Mahrt (1985) studied the structure of turbulence in a very stable boundary layer. He found that enhanced turbulence may occur at the top of the surface inversion layer where the nocturnal drainage flow interacts with the synoptic flow regime. This phenomenon usually occurs in the upper boundary layer at heights of 200-500 m above the surface. A stable drainage flow accompanied by a surface inversion layer does develop on the slopes of mountains at night so the interactions described by Mahrt (1985) may be occurring at observatory sites. In addition, mass continuity demands that the air removed from the summit at night by the drainage flow be replaced by enhanced subsidence above the mountain. This may produce adjacent layers of different potential temperatures (an inversion).
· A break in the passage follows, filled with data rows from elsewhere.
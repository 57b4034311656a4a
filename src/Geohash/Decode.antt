-- ===== src/Geohash/Decode.antt =====
-- What `decode` of core/src/geo/geohash.ts says of a point's hash.
use ride_location_tracking_e.Common.{
  ℕ, ◌+◌, ◌-◌, ◌*◌, ◌/◌, ◌^◌, ◌≤◌, ◌<◌, ◌≡◌, inl, inr, arith, ap, min, leb, some, Bool-cases,
  mul_mono,
}
use ride_location_tracking_e.Common.Int.{
  ℤ, pos, pos_part, neg_part, ◌+ℤ◌, ◌-ℤ◌, ◌≤ℤ◌, times, int_laws, negsuc, -ℤ_parts,
}
use native.Mathlib.Nat.{div-add-mod', mod-lt, one-le-pow, mod-eq_of_lt}
use ride_location_tracking_e.Domain.{LatLng}
use ride_location_tracking_e.Geohash.{
  GridCell, bit_split, cell_of, encode, decode, cell_bounds, clamp_lat, normalize_lng, js_rem,
}
use ride_location_tracking_e.Geohash.Cells.{encode-deinterleave}

-- The cell `r` of `q` equal cells over `w` units holds the place `x`.
abbrev Holds : ℕ → ℕ → ℕ → ℕ → Type 0
Holds q w x r = (r * w ≤ x * q) × (x * q ≤ r * w + w)

cell_Holds : (q w x : ℕ) → 0 < q → 0 < w → x ≤ w → Holds q w x (min (q - 1) (x * q / w))
cell_Holds q w x hq hw hx =
    let e = div-add-mod' (x * q) w in
    let m = mod-lt (x * q) hw in
    elim (Bool-cases (leb (q - 1) (x * q / w))) [
      | inl c ↦
          let r : min (q - 1) (x * q / w) ≡ q - 1 = ground (arith, c) in
          let low : (q - 1) * w ≤ x * q / w * w =
            mul_mono (q - 1) (x * q / w) w (ground (arith, c)) in
          let whole : x * q ≤ w * q = mul_mono x w q hx in
          let split : (q - 1 + 1) * w ≡ (q - 1) * w + w = grind arith in
          let top : q - 1 + 1 ≡ q = omega arith in
          rw r (omega arith, omega (arith, ap (λ (t : ℕ). t * w) top))
      | inr c ↦
          let r : min (q - 1) (x * q / w) ≡ x * q / w = ground (arith, c) in
          rw r (omega arith, omega arith)
    ]

in_range_rem : (a : ℤ) (k : ℕ) → pos_part a < k → neg_part a < k → js_rem a k ≡ a
unfolding js_rem ◌-ℤ◌
in_range_rem (pos n) k h g = ap pos (mod-eq_of_lt h)
in_range_rem (negsuc n) k h g = rw (mod-eq_of_lt g) (ground arith)

normalize_same :
    (unit : ℕ) (lng : ℤ)
    → neg_part lng ≤ 180 * unit
    → pos_part lng < 180 * unit
    → normalize_lng unit lng ≡ lng
unfolding normalize_lng ◌-ℤ◌
normalize_same unit lng west east =
    rw (in_range_rem lng (360 * unit) (omega arith) (omega arith)) (ground arith)

-- `a + k`, of a number `a` that is at least `-k`.
shifted : (a : ℤ) (k : ℕ) → neg_part a ≤ k → pos_part (a +ℤ pos k) + neg_part a ≡ pos_part a + k
unfolding ◌+ℤ◌
shifted a k h = ground arith

-- The center, in `2 * q`-ths of a degree, is at most the error away from the place, in `unit`-ths.
abbrev pub Near : ℕ → ℕ → ℕ → ℤ → ℤ → Type 0
Near unit q error center place =
    (times center unit ≤ℤ times place (2 * q) +ℤ pos (error * unit))
    × (times place (2 * q) ≤ℤ times center unit +ℤ pos (error * unit))

module _ (unit : ℕ) (point : LatLng) (bits : ℕ) (positive : 0 < unit) where
  abbrev cell : GridCell
  cell = cell_of unit point bits

  clamp_lat-le : clamp_lat unit point.lat ≤ 180 * unit
  unfolding clamp_lat
  clamp_lat-le = ground arith

  row_Holds : Holds (2 ^ (bit_split bits).lat_bits) (180 * unit) (clamp_lat unit point.lat) cell.row
  unfolding cell_of
  row_Holds =
      cell_Holds (2 ^ (bit_split bits).lat_bits) (180 * unit) (clamp_lat unit point.lat)
        (one-le-pow _ 2 (omega arith)) (omega arith) clamp_lat-le

  col_Holds :
      neg_part point.lng ≤ 180 * unit
      → pos_part point.lng < 180 * unit
      → Holds
          (2 ^ (bit_split bits).lng_bits)
          (360 * unit)
          (pos_part (point.lng +ℤ pos (180 * unit)))
          cell.col
  unfolding cell_of
  col_Holds west east = rw (normalize_same unit point.lng west east) (
      cell_Holds (2 ^ (bit_split bits).lng_bits) (360 * unit)
        (pos_part (point.lng +ℤ pos (180 * unit))) (one-le-pow _ 2 (omega arith)) (omega arith)
        (omega (arith, shifted point.lng (180 * unit) west)))

  lat_place :
      neg_part point.lat ≤ 90 * unit
      → pos_part point.lat ≤ 90 * unit
      → clamp_lat unit point.lat + neg_part point.lat ≡ pos_part point.lat + 90 * unit
  unfolding clamp_lat
  lat_place south north = ground (arith, shifted point.lat (90 * unit) south)

  near :
      (q r x half : ℕ) (place : ℤ)
      → Holds q (2 * half * unit) x r
      → x + neg_part place ≡ pos_part place + half * unit
      → Near unit q (2 * half) (pos (r * (4 * half) + 2 * half) -ℤ pos (2 * half * q)) place
  near q r x half place h e =
      let scaled = ap (λ (t : ℕ). t * (2 * q)) e in
      let apart =
        ap (λ (t : ℕ). t * unit)
          (-ℤ_parts (pos (r * (4 * half) + 2 * half)) (pos (2 * half * q))) in
      omega (int_laws, h, scaled, apart)

  -- The hash of a point, decoded, is a center that the point is no farther from than the error that comes with
  -- it, on both axes: the precision must be from 1 to 52 bits, the latitude from -90 to 90 degrees, and the
  -- longitude from -180 up to but not including 180.
  pub encode-decode :
      0 < bits
      → bits ≤ 52
      → (neg_part point.lat ≤ 90 * unit) × (pos_part point.lat ≤ 90 * unit)
      → (neg_part point.lng ≤ 180 * unit) × (pos_part point.lng < 180 * unit)
      → (hash : ℕ) × (encode unit point bits ≡ some hash)
        × Near unit
            (2 ^ (bit_split bits).lat_bits)
            (decode hash bits).lat_error_deg
            (decode hash bits).lat
            point.lat
        × Near unit
            (2 ^ (bit_split bits).lng_bits)
            (decode hash bits).lng_error_deg
            (decode hash bits).lng
            point.lng
  unfolding decode cell_bounds
  encode-decode some_bits fits lat_ok lng_ok =
      let (hash, encoded, cell_back, _) = encode-deinterleave unit point bits some_bits fits in
      (
        hash,
        encoded,
        rw cell_back (
            near (2 ^ (bit_split bits).lat_bits) cell.row (clamp_lat unit point.lat) 90 point.lat
              row_Holds (lat_place lat_ok.0 lat_ok.1)),
        rw cell_back (
            near (2 ^ (bit_split bits).lng_bits) cell.col (pos_part (point.lng +ℤ pos (180 * unit)))
              180 point.lng (col_Holds lng_ok.0 lng_ok.1)
              (shifted point.lng (180 * unit) lng_ok.0)),
      )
If mixing occurs under these circumstances, microthermal activity may result. These two mechanisms may be responsible for turbulence generation in the layer between 30 m and 1000 m.

Free atmosphere effects are determined by synoptic scale meteorological systems. Since these systems are migratory or undergo temporal oscillations in intensity and have scales of between 500 and 5000 km, they induce changes in atmospheric conditions at a particular locality with a time scale of between 1 and 5 days. Available data on the latitudinal position and strength of the subtropical westerly jet stream at the longitude of Hawaii (Sadler, 1975), for example, indicates that the level of microthermal activity in the free atmosphere above Mauna Kea is highly variable since the jet stream occurs in a region of strong temperature and wind speed gradients, these variations are likely to be associated with changes in seeing quality.

Van Zandt et al (1978, 1981) have developed a model that simulates profiles of Cn2 (z) in the free atmosphere. Limited comparison of model simulations with observations (Green et al, 1984) have been made. Deviations between simulated and observed profiles of Cn2 (z) occurred in the lower troposphere due to high humidity and low static stability in the area where the observations were made. These conditions are not typical of the free atmosphere above observatory sites where the air is extemely dry and stable. Thus it is likely that the Van Zandt model can be used to quantify the contributions of free atmosphere turbulence to image quality degradation.

The discussion above shows that the theoretical basis for using meteorological parameters to quantify the effects of atmospheric turbulence on seeing quality exists. There is good reason to believe that seeing quality can be related to ambient meteorological conditions. Therefore the potential exists to use these data to quantify and possibly forecast seeing quality at telescope sites.